(Dataset records)
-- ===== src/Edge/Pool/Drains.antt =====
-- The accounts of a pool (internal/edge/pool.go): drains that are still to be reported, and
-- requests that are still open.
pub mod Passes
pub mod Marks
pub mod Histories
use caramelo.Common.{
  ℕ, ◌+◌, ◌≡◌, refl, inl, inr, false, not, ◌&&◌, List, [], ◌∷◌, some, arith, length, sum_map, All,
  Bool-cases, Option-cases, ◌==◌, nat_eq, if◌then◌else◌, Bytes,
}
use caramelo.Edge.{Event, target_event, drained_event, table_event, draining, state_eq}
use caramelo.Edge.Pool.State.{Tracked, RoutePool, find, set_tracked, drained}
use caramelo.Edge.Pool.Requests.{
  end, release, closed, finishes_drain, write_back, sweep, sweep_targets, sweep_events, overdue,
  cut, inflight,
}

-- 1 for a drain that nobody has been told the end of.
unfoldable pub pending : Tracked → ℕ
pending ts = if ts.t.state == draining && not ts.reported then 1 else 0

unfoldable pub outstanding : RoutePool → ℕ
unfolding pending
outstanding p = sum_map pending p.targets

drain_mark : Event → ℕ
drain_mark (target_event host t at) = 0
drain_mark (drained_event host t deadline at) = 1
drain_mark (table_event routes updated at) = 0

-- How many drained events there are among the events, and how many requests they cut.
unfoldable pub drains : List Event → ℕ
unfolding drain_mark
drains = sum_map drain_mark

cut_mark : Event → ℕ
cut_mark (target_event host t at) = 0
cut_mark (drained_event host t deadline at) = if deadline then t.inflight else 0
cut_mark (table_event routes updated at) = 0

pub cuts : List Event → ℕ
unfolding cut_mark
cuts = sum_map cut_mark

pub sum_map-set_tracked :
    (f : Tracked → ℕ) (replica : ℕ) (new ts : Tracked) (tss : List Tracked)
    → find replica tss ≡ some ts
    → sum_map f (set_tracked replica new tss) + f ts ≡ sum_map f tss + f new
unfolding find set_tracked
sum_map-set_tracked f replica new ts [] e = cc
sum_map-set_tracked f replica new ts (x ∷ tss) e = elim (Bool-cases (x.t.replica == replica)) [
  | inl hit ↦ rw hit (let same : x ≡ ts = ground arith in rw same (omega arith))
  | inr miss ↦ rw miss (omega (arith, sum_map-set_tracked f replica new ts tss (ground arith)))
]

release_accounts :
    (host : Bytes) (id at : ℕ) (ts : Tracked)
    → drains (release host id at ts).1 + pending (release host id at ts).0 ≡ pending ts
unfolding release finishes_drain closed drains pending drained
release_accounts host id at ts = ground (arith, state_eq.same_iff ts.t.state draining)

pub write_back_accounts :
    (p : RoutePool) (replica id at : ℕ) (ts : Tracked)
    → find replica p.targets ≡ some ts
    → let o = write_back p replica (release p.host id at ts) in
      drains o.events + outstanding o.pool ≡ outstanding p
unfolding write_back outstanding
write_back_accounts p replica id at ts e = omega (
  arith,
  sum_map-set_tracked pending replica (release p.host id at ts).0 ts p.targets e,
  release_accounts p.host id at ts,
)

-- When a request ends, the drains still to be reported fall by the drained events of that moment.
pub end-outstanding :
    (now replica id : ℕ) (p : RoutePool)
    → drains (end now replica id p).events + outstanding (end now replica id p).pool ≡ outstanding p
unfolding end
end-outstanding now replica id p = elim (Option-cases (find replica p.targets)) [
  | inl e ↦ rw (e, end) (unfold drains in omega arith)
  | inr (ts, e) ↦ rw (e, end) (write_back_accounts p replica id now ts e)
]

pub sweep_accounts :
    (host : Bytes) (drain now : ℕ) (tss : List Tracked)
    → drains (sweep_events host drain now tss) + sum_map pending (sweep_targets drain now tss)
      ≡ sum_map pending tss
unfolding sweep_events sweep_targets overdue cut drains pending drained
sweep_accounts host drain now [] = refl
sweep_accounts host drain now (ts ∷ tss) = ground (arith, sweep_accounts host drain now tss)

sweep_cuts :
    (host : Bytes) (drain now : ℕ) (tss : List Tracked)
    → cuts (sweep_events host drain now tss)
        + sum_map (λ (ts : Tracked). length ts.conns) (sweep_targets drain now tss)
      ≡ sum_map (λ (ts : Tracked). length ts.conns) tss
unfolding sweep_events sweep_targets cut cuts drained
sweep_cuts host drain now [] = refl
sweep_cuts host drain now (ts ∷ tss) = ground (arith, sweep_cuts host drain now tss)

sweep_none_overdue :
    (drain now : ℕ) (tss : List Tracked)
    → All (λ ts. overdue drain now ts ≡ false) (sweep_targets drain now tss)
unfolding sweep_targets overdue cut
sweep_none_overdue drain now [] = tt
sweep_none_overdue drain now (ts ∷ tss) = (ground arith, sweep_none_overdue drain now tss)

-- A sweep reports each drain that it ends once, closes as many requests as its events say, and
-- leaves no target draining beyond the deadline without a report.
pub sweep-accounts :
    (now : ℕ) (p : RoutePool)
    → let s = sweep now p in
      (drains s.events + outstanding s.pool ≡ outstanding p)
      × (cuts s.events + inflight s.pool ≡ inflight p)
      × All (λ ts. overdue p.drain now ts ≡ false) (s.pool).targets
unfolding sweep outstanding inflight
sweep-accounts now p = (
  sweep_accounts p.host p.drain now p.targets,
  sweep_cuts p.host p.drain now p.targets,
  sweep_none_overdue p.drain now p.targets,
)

◆ **PROBLEM REQUIREMENTS**: The output consists solely of the lines from the line that contains "sweep-accounts now p" through the final line of the data.

◆ **WRITTEN SOLUTION**:
sweep-accounts now p = (
  sweep_accounts p.host p.drain now p.targets,
  sweep_cuts p.host p.drain now p.targets,
  sweep_none_overdue p.drain now p.targets,
)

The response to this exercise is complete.